=== PROBLEM DESCRIPTION ===
Search term "else": copy each line of the records that contains it.

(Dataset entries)

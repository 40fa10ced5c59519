-- ===== src/Quota/MemoryBackend/Concurrency.antt =====
-- The counts of concurrent runs (internal/quota/limiter.go).
use nexixai_agentos.Prelude.{string_key}
use nexixai_agentos.Prelude.{
  ℕ, ◌+◌, ◌-◌, ◌≤◌, ◌<◌, ◌⊎◌, false, String, ◌≡◌, refl, ap, ◌∙◌, inl, inr, List, [], ◌∷◌, ◌==◌,
  if◌then◌else◌, leb, eqb, ◌%◌, get_or, arith, Bool-cases, if_true, if_false, subst,
}
use nexixai_agentos.Prelude.Dict.{Dict, get, put, get-put, get-put_self, get-keep}
use nexixai_agentos.Quota.MemoryBackend.{
  limiter_sweep_every, MemoryBackend, new_memory_backend, sweep_locked, swept, allow_qps, spend,
  refilled, full_bucket, try_inc_concurrent, dec_concurrent, put_all, with_initial_concurrent,
}

abbrev pub in_use : MemoryBackend → String → ℕ
in_use m tenant = get_or (get m.concurrent tenant) 0

-- The calls of the limiter's clients, and WithInitialConcurrent (`starts`), in the order of the
-- backend's mutex.
pub data Op : Type 0 where
  starts : Dict String ℕ → Op
  requests : String → ℕ → Op
  acquires releases : String → Op

-- The count of a tenant that had n, after WithInitialConcurrent.
abbrev pub initial : String → ℕ → Dict String ℕ → ℕ
initial tenant n [] = n
initial tenant n ((k, v) ∷ counts) = initial tenant (if k == tenant then v else n) counts

initial-le :
    (tenant : String) (n h : ℕ) (counts : Dict String ℕ)
    → n ≤ h
    → initial tenant 0 counts ≤ h
    → initial tenant n counts ≤ h
initial-le tenant n h [] l c = l
initial-le tenant n h ((k, v) ∷ counts) l c = elim (Bool-cases (k == tenant)) [
  | inl b ↦ rw b (subst (λ x. initial tenant x counts ≤ h) (if_true _ v 0 b) c)
  | inr b ↦ rw b (
      initial-le tenant n h counts l
        (subst (λ x. initial tenant x counts ≤ h) (if_false _ v 0 b) c))
]

module _ (qps limit : ℕ) where
  pub step : MemoryBackend → Op → MemoryBackend
  step m (starts counts) = with_initial_concurrent m counts
  step m (requests tenant now) = (allow_qps m tenant qps now).0
  step m (acquires tenant) = (try_inc_concurrent m tenant limit).0
  step m (releases tenant) = dec_concurrent m tenant

  pub run : MemoryBackend → List Op → MemoryBackend
  run m [] = m
  run m (op ∷ ops) = run (step m op) ops

  -- The count of one tenant by its own calls, and what it was set to, alone.
  abbrev pub own : String → ℕ → List Op → ℕ
  own tenant n [] = n
  own tenant n (starts counts ∷ ops) = own tenant (initial tenant n counts) ops
  own tenant n (requests t now ∷ ops) = own tenant n ops
  own tenant n (acquires t ∷ ops) =
      own tenant (if t == tenant then if leb limit n then n else n + 1 else n) ops
  own tenant n (releases t ∷ ops) = own tenant (if t == tenant then n - 1 else n) ops

  -- The largest of h and the counts that the tenant is set to.
  abbrev pub highest : String → ℕ → List Op → ℕ
  highest tenant h [] = h
  highest tenant h (starts counts ∷ ops) =
      highest tenant (if leb h (initial tenant 0 counts) then initial tenant 0 counts else h) ops
  highest tenant h (requests t now ∷ ops) = highest tenant h ops
  highest tenant h (acquires t ∷ ops) = highest tenant h ops
  highest tenant h (releases t ∷ ops) = highest tenant h ops

  own-le-highest :
      (tenant : String) (n h : ℕ) (ops : List Op)
      → n ≤ h
      → limit ≤ h
      → own tenant n ops ≤ highest tenant h ops
  own-le-highest tenant n h [] l m = l
  own-le-highest tenant n h (starts counts ∷ ops) l m =
      let c = initial tenant 0 counts in
      let raised = if leb h c then c else h in
      let at_least : h ≤ raised = ground arith in
      let above : c ≤ raised = ground arith in
      own-le-highest tenant (initial tenant n counts) raised ops
        (initial-le tenant n raised counts (omega arith) above) (omega arith)
  own-le-highest tenant n h (requests t now ∷ ops) l m = own-le-highest tenant n h ops l m
  own-le-highest tenant n h (acquires t ∷ ops) l m =
      own-le-highest tenant (if t == tenant then if leb limit n then n else n + 1 else n) h ops
        (ground arith) m
  own-le-highest tenant n h (releases t ∷ ops) l m =
      own-le-highest tenant (if t == tenant then n - 1 else n) h ops (ground arith) m

pub in_use-swept :
    (m : MemoryBackend) (tenant : String) (now : ℕ) → in_use (swept m now) tenant ≡ in_use m tenant
unfolding sweep_locked
in_use-swept m tenant now = elim (Bool-cases (eqb ((m.allow_count + 1) % limiter_sweep_every) 0)) [
  | inl e ↦ rw (e, get-keep) (ground arith)
  | inr e ↦ rw e refl
]

pub in_use-spend :
    (m : MemoryBackend) (t tenant : String) (tokens now : ℕ)
    → in_use (spend m t tokens now).0 tenant ≡ in_use m tenant
in_use-spend m t tenant tokens now = ground arith

in_use-put_all :
    (counts concurrent : Dict String ℕ) (tenant : String)
    → get_or (get (put_all concurrent counts) tenant) 0
      ≡ initial tenant (get_or (get concurrent tenant) 0) counts
in_use-put_all [] concurrent tenant = refl
in_use-put_all ((k, v) ∷ counts) concurrent tenant =
    in_use-put_all counts (put concurrent k v) tenant
    ∙ ap (λ n. initial tenant n counts)
        (elim (Bool-cases (k == tenant)) [
          | inl b ↦ rw (get-put concurrent k tenant v, b) refl
          | inr b ↦ rw (get-put concurrent k tenant v, b) refl
        ])

pub in_use-with_initial :
    (m : MemoryBackend) (counts : Dict String ℕ) (tenant : String)
    → in_use (with_initial_concurrent m counts) tenant ≡ initial tenant (in_use m tenant) counts
unfolding with_initial_concurrent
in_use-with_initial m counts tenant = in_use-put_all counts m.concurrent tenant

pub in_use-try_inc :
    (m : MemoryBackend) (t tenant : String) (limit : ℕ)
    → in_use (try_inc_concurrent m t limit).0 tenant ≡ (
        if t == tenant
        then if leb limit (in_use m tenant) then in_use m tenant else in_use m tenant + 1
        else in_use m tenant)
unfolding try_inc_concurrent
in_use-try_inc m t tenant limit =
    ground (arith, string_key.same_iff t tenant, get-put m.concurrent t tenant (in_use m t + 1))

pub in_use-dec :
    (m : MemoryBackend) (t tenant : String)
    → in_use (dec_concurrent m t) tenant
      ≡ (if t == tenant then in_use m tenant - 1 else in_use m tenant)
unfolding dec_concurrent
in_use-dec m t tenant =
    ground (arith, string_key.same_iff t tenant, get-put m.concurrent t tenant (in_use m t - 1))

-- Only an acquire that succeeds takes a slot, and only below the limit.
pub in_use-allow_qps :
    (m : MemoryBackend) (t tenant : String) (qps now : ℕ)
    → in_use (allow_qps m t qps now).0 tenant ≡ in_use m tenant
unfolding allow_qps
in_use-allow_qps m t tenant qps now =
    let tokens = refilled qps now (get_or (get (swept m now).buckets t) (full_bucket qps now)) in
    in_use-spend (swept m now) t tenant tokens now ∙ in_use-swept m tenant now

pub try_inc_taken :
    (m : MemoryBackend) (tenant : String) (limit : ℕ)
    → let r = try_inc_concurrent m tenant limit in
      (in_use r.0 tenant ≡ in_use m tenant + (if r.1 then 1 else 0))
      × ((r.1 ≡ false) ⊎ (in_use m tenant < limit))
unfolding try_inc_concurrent
try_inc_taken m tenant limit = elim (Bool-cases (leb limit (in_use m tenant))) [
  | inl e ↦ rw e (omega arith, inl refl)
  | inr e ↦
      rw (e, get-put_self m.concurrent tenant (in_use m tenant + 1)) (refl, inr (ground arith))
]

module _ (qps limit : ℕ) where
  in_use-run :
      (m : MemoryBackend) (tenant : String) (ops : List Op)
      → in_use (run qps limit m ops) tenant ≡ own qps limit tenant (in_use m tenant) ops
  unfolding run step allow_qps
  in_use-run m tenant [] = refl
  in_use-run m tenant (starts counts ∷ ops) =
      in_use-run (with_initial_concurrent m counts) tenant ops
      ∙ ap (λ n. own qps limit tenant n ops) (in_use-with_initial m counts tenant)
  in_use-run m tenant (requests t now ∷ ops) =
      let tokens = refilled qps now (get_or (get (swept m now).buckets t) (full_bucket qps now)) in
      in_use-run (allow_qps m t qps now).0 tenant ops
      ∙ ap (λ n. own qps limit tenant n ops)
          (in_use-spend (swept m now) t tenant tokens now ∙ in_use-swept m tenant now)
  in_use-run m tenant (acquires t ∷ ops) =
      in_use-run (try_inc_concurrent m t limit).0 tenant ops
      ∙ ap (λ n. own qps limit tenant n ops) (in_use-try_inc m t tenant limit)
  in_use-run m tenant (releases t ∷ ops) =
      in_use-run (dec_concurrent m t) tenant ops
      ∙ ap (λ n. own qps limit tenant n ops) (in_use-dec m t tenant)

  -- After any calls on a new backend, WithInitialConcurrent included, the count of a tenant is that
  -- of its own acquires and releases and of the counts that it was set to, whatever other tenants
  -- and the sweeps do. It is at most the limit, or the largest count that the tenant was set to
  -- if that is more.
  pub in_use-run_new :
      (tenant : String) (ops : List Op)
      → (in_use (run qps limit new_memory_backend ops) tenant ≡ own qps limit tenant 0 ops)
        × (in_use (run qps limit new_memory_backend ops) tenant
            ≤ highest qps limit tenant limit ops)
  unfolding new_memory_backend get
  in_use-run_new tenant ops =
      let exact = in_use-run new_memory_backend tenant ops in
      (exact, rw exact (own-le-highest qps limit tenant 0 limit ops (omega arith) (omega arith)))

=== EXERCISE ANSWER ===
  if◌then◌else◌, leb, eqb, ◌%◌, get_or, arith, Bool-cases, if_true, if_false, subst,
initial tenant n ((k, v) ∷ counts) = initial tenant (if k == tenant then v else n) counts
      own tenant (if t == tenant then if leb limit n then n else n + 1 else n) ops
  own tenant n (releases t ∷ ops) = own tenant (if t == tenant then n - 1 else n) ops
      highest tenant (if leb h (initial tenant 0 counts) then initial tenant 0 counts else h) ops
      let raised = if leb h c then c else h in
      own-le-highest tenant (if t == tenant then if leb limit n then n else n + 1 else n) h ops
      own-le-highest tenant (if t == tenant then n - 1 else n) h ops (ground arith) m
        then if leb limit (in_use m tenant) then in_use m tenant else in_use m tenant + 1
        else in_use m tenant)
      ≡ (if t == tenant then in_use m tenant - 1 else in_use m tenant)
      (in_use r.0 tenant ≡ in_use m tenant + (if r.1 then 1 else 0))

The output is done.